Je suis déçu, mais sans doute est-elle encore plus gênée que moi. II y a encore peu de temps, elle disait qu’elle hésitait entre Nicolas Sarkozy et moi, et qu’Alain Juppé ne correspondait pas à ses attentes. Je vois bien que lorsque tous les matins on présente Juppé comme le grand favori, ça peut peser sur les esprits. Mais Valérie Pécresse se trompe, parce que je serai au second tour.

Au sujet des confidences de François Hollande, seriez-vous prêt, comme Eric Ciotti, à saisir la justice pour violation du secret-défense ?

François Hollande n’est jamais devenu chef de l’Etat, il a un problème d’autorité, de dignité Sa conception du pouvoir est floue.
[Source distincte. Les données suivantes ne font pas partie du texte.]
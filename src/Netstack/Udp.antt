-- ===== src/Netstack/Udp.antt =====
-- crates/ombrac-netstack/src/udp.rs: UDP packets out of the tunnel's packets, and into them. The
-- packet's `data` is called content.
use ombrac.Prelude.{
  ℕ, Bool, Option, none, some, List, [], ◌∷◌, ◌+◌, ltb, if◌then◌else◌, length, take, drop, ok, err,
}
use ombrac.Net.{Bytes, SocketAddr, v4, v6, socket_addr, invalid_input, other, io_error, IoResult}
use ombrac.Netstack.{Parsers, UdpHeader, IpPacket, ipv4, ipv6, new_checked, src_addr, dst_addr}

pub record UdpPacket : Type 0 where
  pub content : Bytes
  pub src_addr : SocketAddr
  pub dst_addr : SocketAddr

abbrev pub udp_header_len : ℕ
udp_header_len = 8

-- smoltcp's IPV6_HEADER_LEN
abbrev pub ipv6_header_len : ℕ
ipv6_header_len = 40

unfoldable pub ip_header_len : IpPacket → ℕ
ip_header_len (ipv4 h) = h.header_len
ip_header_len (ipv6 h) = ipv6_header_len

-- The payload, once the UDP header was parsed.
unfoldable pub slice_payload : Bytes → IpPacket → UdpHeader → Option UdpPacket
slice_payload original p h =
    let payload_start = ip_header_len p + udp_header_len in
    if ltb (length original) (payload_start + h.payload_len)
    then none
    else some (record {
      content = take h.payload_len (drop payload_start original);
      src_addr = socket_addr (src_addr p) h.src_port;
      dst_addr = socket_addr (dst_addr p) h.dst_port;
    })

unfoldable pub parse_udp_header : Bytes → IpPacket → Option UdpHeader → Option UdpPacket
parse_udp_header original p none = none
parse_udp_header original p (some h) = slice_payload original p h

unfoldable pub parse_ip : Parsers → Bytes → Option IpPacket → Option UdpPacket
parse_ip w original none = none
parse_ip w original (some p) =
    if ltb (length original) (ip_header_len p + udp_header_len)
    then none
    else parse_udp_header original p (w.udp_checked (drop (ip_header_len p) original))

-- What SplitRead::recv makes of a packet of its channel.
unfoldable pub parse_packet : Parsers → Bytes → Option UdpPacket
parse_packet w original = parse_ip w original (new_checked w original)

-- SplitRead::recv: the packets that are left, and its result. An empty list stands for a closed
-- channel.
unfoldable pub recv : Parsers → List Bytes → List Bytes × Option UdpPacket
recv w [] = ([], none)
recv w (packet ∷ rest) = (rest, parse_packet w packet)

-- etherparse's PacketBuilder: the packet of a version, with addresses, time to live, ports and payload.
pub record PacketBuilder : Type 0 where
  pub ipv4_udp : Bytes → Bytes → ℕ → ℕ → ℕ → Bytes → IoResult Bytes
  pub ipv6_udp : Bytes → Bytes → ℕ → ℕ → ℕ → Bytes → IoResult Bytes

unfoldable pub build : PacketBuilder → ℕ → SocketAddr → SocketAddr → Bytes → IoResult Bytes
build b ttl (v4 src) (v4 dst) content = b.ipv4_udp src.ip dst.ip ttl src.port dst.port content
build b ttl (v6 src) (v6 dst) content = b.ipv6_udp src.ip dst.ip ttl src.port dst.port content
build b ttl (v4 src) (v6 dst) content =
    err (io_error invalid_input "UDP socket only supports IPv4 and IPv6")
build b ttl (v6 src) (v4 dst) content =
    err (io_error invalid_input "UDP socket only supports IPv4 and IPv6")

-- `self.send.send`, which fails when the channel is closed.
unfoldable pub send_built : Bool → IoResult Bytes → IoResult Bytes
send_built closed (err e) = err e
send_built closed (ok packet) =
    if closed then err (io_error other "send error: {err}") else ok packet

-- SplitWrite::send: the packet that it puts into the channel.
unfoldable pub send : PacketBuilder → ℕ → Bool → UdpPacket → IoResult Bytes
send b ttl closed p = send_built closed (build b ttl p.src_addr p.dst_addr p.content)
La démarche de M. Ciotti est vaine, puisque le président bénéficie d’une immunité. La seule procédure qui peut être conduite, c’est celle de la destitution mais elle n’a aucune chance d’aboutir, puisque la majorité du Parlement est nécessaire. Reste que je trouve choquant que le sujet ne soit pas débattu. Quand François Hollande met son casque et prend son scooter pour rendre des visites discrètes, ça fait un buzz médiatique gigantesque. Quand il commet une faute aussi grave que de livrer des secrets d’Etat, on a l’impression que ça ne heurte personne.
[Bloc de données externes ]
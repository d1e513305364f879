-- ===== src/Netstack/Roundtrip.antt =====
-- Reading a UDP packet of which the network stack made a packet
-- (crates/ombrac-netstack/src/udp.rs).
use ombrac.Prelude.{
  ℕ, false, some, List, [], ◌∷◌, ◌++◌, ◌+◌, ltb, length, take, drop, take-append_exact,
  drop-append_exact, drop-drop, append-nil, length-append, Result-cases, inl, inr, ◌≡◌, refl, sym,
  ap, ◌∙◌, arith, ok,
}
use ombrac.Net.{
  Bytes, IpAddr, ip_v4, ip_v6, SocketAddr, SocketAddrV4, SocketAddrV6, v4, v6, socket_addr, port_of,
}
use ombrac.Netstack.{Parsers, UdpHeader, IpPacket, new_checked, src_addr, dst_addr}
use ombrac.Netstack.Udp.{
  UdpPacket, udp_header_len, ip_header_len, slice_payload, parse_udp_header, parse_ip, parse_packet,
  recv, PacketBuilder, build, send_built, send,
}

abbrev pub ip_of : SocketAddr → IpAddr
ip_of (v4 a) = ip_v4 a.ip
ip_of (v6 a) = ip_v6 a.ip

-- The address as a packet carries it, without the flow and scope of IPv6.
abbrev pub plain : SocketAddr → SocketAddr
plain a = socket_addr (ip_of a) (port_of a)

abbrev pub plain_packet : UdpPacket → UdpPacket
plain_packet u = record u { src_addr = plain u.src_addr; dst_addr = plain u.dst_addr }

-- The parsers read the packet's two headers as those of `u`, and its content stands behind them.
abbrev pub IsPacketOf : Parsers → UdpPacket → Bytes → Type 0
IsPacketOf w u packet =
    (ip_part : Bytes) × (udp_part : Bytes) × (p : IpPacket) × (packet
      ≡ ip_part ++ (udp_part ++ u.content))
    × (length udp_part ≡ udp_header_len)
    × (new_checked w packet ≡ some p)
    × (ip_header_len p ≡ length ip_part)
    × (src_addr p ≡ ip_of u.src_addr)
    × (dst_addr p ≡ ip_of u.dst_addr)
    × (w.udp_checked (udp_part ++ u.content)
        ≡ some (record {
          src_port = port_of u.src_addr;
          dst_port = port_of u.dst_addr;
          payload_len = length u.content;
        }))

slice_payload-content :
    (a u c : Bytes) (p : IpPacket) (h : UdpHeader)
    → ip_header_len p ≡ length a
    → length u ≡ udp_header_len
    → h.payload_len ≡ length c
    → slice_payload (a ++ (u ++ c)) p h
      ≡ some (record {
        content = c;
        src_addr = socket_addr (src_addr p) h.src_port;
        dst_addr = socket_addr (dst_addr p) h.dst_port;
      })
unfolding slice_payload
slice_payload-content a u c p h e f g =
    let whole : length (a ++ (u ++ c)) ≡ length a + (8 + length c) =
      omega (arith, length-append a (u ++ c), length-append u c, f) in
    let fits : ltb (length (a ++ (u ++ c))) (ip_header_len p + udp_header_len + h.payload_len)
        ≡ false =
      ground (arith, whole, e, g) in
    let start : drop (ip_header_len p + udp_header_len) (a ++ (u ++ c)) ≡ c =
      rw (e, sym f, drop-drop (length a) (length u) (a ++ (u ++ c)), drop-append_exact a (u ++ c))
        (drop-append_exact u c) in
    let all : take (length c) c ≡ c =
      ap (λ x. take (length c) x) (sym (append-nil c)) ∙ take-append_exact c [] in
    rw (fits, start, g, all) refl

recv-packet :
    (w : Parsers) (u : UdpPacket) (packet : Bytes) (rest : List Bytes)
    → IsPacketOf w u packet
    → recv w (packet ∷ rest) ≡ (rest, some (plain_packet u))
unfolding recv parse_packet parse_ip parse_udp_header
recv-packet w u packet rest (a, h, p, whole, eight, parsed, len, src, dst, udp_parsed) =
    let body : drop (ip_header_len p) packet ≡ h ++ u.content =
      rw (whole, len) (drop-append_exact a (h ++ u.content)) in
    let fits : ltb (length packet) (ip_header_len p + udp_header_len) ≡ false = ground (
      arith,
      ap length whole,
      length-append a (h ++ u.content),
      length-append h u.content,
      eight,
      len,
    ) in
    let read =
      slice_payload-content a h u.content p
        (record {
          src_port = port_of u.src_addr;
          dst_port = port_of u.dst_addr;
          payload_len = length u.content;
        })
        len eight refl in
    rw (parsed, fits, body, udp_parsed, whole, read, src, dst) refl

-- What the builder makes of addresses, ports and a content is a packet of them for the parsers.
abbrev pub Builds : Parsers → PacketBuilder → Type 0
Builds w b =
    ((src dst : SocketAddrV4) (ttl : ℕ) (content made : Bytes)
      → b.ipv4_udp src.ip dst.ip ttl src.port dst.port content ≡ ok made
      → IsPacketOf w (record { content = content; src_addr = v4 src; dst_addr = v4 dst }) made)
    × ((src dst : SocketAddrV6) (ttl : ℕ) (content made : Bytes)
        → b.ipv6_udp src.ip dst.ip ttl src.port dst.port content ≡ ok made
        → IsPacketOf w (record { content = content; src_addr = v6 src; dst_addr = v6 dst }) made)

build-IsPacketOf :
    (w : Parsers) (b : PacketBuilder) (ttl : ℕ) (src dst : SocketAddr) (content made : Bytes)
    → Builds w b
    → build b ttl src dst content ≡ ok made
    → IsPacketOf w (record { content = content; src_addr = src; dst_addr = dst }) made
unfolding build
build-IsPacketOf w b ttl (v4 src) (v4 dst) content made (law_4, law_6) e =
    law_4 src dst ttl content made e
build-IsPacketOf w b ttl (v6 src) (v6 dst) content made (law_4, law_6) e =
    law_6 src dst ttl content made e
build-IsPacketOf w b ttl (v4 src) (v6 dst) content made law e = absurd (cc (e))
build-IsPacketOf w b ttl (v6 src) (v4 dst) content made law e = absurd (cc (e))

-- With a builder whose packets the parsers read as what they were built of: a packet that the network
-- stack makes of a UDP packet is read back. recv gives the same content, source and destination,
-- without the flow and scope of IPv6, and takes one packet from its channel.
pub recv-send :
    (w : Parsers) (b : PacketBuilder) (ttl : ℕ) (u : UdpPacket) (packet : Bytes) (rest : List Bytes)
    → Builds w b
    → send b ttl false u ≡ ok packet
    → recv w (packet ∷ rest) ≡ (rest, some (plain_packet u))
unfolding send send_built
recv-send w b ttl u packet rest law e =
    elim (Result-cases (build b ttl u.src_addr u.dst_addr u.content)) [
      | inl (made, k) ↦
          let sent = rw k at e in
          recv-packet w u packet rest
            (build-IsPacketOf w b ttl u.src_addr u.dst_addr u.content packet law (k ∙ sent))
      | inr (x, k) ↦ absurd (cc (rw k at e))
    ]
Cela mérite une destitution ?

Il est grave qu’un chef d’Etat passe autant de temps avec des journalistes pour convaincre qu’il est un « vrai président » parce qu’il a fait supprimer des personnes, qu’il leur montre des plans secret-défense pour tenter de leur prouver qu’il tient la barre. C’est une faute objective, contraire à l’intérêt national, et, sur le plan psychologique ça en dit long sur les fragilités et l’orgueil déçu du personnage.